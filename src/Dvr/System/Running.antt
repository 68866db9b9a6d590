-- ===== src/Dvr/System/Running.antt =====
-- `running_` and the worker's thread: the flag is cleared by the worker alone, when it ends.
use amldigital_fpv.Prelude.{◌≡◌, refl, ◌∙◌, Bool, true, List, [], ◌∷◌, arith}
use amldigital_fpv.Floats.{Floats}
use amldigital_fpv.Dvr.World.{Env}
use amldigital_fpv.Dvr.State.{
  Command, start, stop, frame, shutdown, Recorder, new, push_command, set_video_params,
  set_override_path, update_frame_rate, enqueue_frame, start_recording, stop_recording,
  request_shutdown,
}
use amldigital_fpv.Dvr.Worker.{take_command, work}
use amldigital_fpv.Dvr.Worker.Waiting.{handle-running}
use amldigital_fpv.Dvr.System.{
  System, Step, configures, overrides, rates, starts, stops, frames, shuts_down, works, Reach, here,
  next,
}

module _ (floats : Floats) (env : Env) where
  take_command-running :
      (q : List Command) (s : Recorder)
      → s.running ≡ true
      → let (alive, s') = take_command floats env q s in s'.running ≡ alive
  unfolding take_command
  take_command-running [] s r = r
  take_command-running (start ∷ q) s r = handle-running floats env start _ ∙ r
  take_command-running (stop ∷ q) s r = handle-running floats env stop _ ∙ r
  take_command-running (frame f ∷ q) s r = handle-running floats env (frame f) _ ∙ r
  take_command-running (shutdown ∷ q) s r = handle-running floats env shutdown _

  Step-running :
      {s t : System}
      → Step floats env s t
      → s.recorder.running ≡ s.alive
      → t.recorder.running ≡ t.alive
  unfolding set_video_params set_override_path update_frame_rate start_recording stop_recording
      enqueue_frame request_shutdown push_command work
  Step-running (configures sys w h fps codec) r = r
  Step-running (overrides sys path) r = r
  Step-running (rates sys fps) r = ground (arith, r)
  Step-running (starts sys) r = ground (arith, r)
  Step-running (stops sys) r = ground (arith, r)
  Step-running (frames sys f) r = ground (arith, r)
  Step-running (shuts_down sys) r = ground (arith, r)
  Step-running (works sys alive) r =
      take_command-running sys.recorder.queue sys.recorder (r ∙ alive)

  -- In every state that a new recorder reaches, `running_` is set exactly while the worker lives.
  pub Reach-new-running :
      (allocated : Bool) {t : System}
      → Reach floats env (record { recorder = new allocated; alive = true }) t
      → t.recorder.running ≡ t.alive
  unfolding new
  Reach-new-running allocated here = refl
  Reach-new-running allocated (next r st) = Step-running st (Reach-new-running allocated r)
________
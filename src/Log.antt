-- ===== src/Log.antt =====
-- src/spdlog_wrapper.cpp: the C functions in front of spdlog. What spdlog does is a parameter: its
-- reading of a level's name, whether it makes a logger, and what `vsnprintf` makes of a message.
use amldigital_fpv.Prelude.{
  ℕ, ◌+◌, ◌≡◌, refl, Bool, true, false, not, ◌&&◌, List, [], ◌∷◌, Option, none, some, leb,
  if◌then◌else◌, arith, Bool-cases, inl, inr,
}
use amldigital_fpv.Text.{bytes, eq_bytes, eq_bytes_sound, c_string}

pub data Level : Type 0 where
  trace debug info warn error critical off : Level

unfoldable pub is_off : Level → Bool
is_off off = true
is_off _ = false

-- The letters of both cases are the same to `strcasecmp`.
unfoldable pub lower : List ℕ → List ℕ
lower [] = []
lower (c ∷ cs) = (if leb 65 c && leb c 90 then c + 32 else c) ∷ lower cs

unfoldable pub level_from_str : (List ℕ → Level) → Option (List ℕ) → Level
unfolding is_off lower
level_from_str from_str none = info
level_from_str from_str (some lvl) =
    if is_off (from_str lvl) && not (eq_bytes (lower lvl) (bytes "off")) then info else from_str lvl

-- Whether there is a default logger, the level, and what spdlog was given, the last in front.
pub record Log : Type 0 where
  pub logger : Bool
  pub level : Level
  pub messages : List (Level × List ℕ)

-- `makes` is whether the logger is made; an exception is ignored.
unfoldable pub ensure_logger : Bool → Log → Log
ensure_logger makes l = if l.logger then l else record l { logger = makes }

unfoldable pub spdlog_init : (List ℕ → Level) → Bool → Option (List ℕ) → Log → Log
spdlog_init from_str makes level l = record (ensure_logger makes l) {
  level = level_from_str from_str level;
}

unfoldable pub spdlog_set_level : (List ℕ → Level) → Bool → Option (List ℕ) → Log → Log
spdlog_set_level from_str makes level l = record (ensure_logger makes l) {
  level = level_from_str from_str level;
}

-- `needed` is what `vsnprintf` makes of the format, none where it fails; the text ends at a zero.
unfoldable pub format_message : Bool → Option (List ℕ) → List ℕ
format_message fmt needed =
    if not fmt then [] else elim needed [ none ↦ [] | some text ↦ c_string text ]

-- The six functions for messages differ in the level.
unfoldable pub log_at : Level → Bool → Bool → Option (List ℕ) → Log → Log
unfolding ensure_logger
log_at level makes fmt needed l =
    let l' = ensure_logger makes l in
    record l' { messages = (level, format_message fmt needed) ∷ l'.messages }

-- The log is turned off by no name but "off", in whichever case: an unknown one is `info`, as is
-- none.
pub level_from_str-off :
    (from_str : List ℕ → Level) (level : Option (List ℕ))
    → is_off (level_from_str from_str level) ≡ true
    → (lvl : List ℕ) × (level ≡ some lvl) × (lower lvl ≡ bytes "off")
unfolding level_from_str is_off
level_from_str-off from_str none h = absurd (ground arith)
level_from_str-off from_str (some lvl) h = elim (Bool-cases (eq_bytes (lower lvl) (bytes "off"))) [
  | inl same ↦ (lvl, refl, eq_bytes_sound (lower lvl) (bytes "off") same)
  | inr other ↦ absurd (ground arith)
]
________
DESCRIPTION OF THE TASK →
Set down, from the entries above, exactly the lines from the one with "Step-running (works sys" up to and including the one with "Reach-new-running allocated (next", and no other lines.

TASK SOLUTION →
  Step-running (works sys alive) r =
      take_command-running sys.recorder.queue sys.recorder (r ∙ alive)

  -- In every state that a new recorder reaches, `running_` is set exactly while the worker lives.
  pub Reach-new-running :
      (allocated : Bool) {t : System}
      → Reach floats env (record { recorder = new allocated; alive = true }) t
      → t.recorder.running ≡ t.alive
  unfolding new
  Reach-new-running allocated here = refl
  Reach-new-running allocated (next r st) = Step-running st (Reach-new-running allocated r)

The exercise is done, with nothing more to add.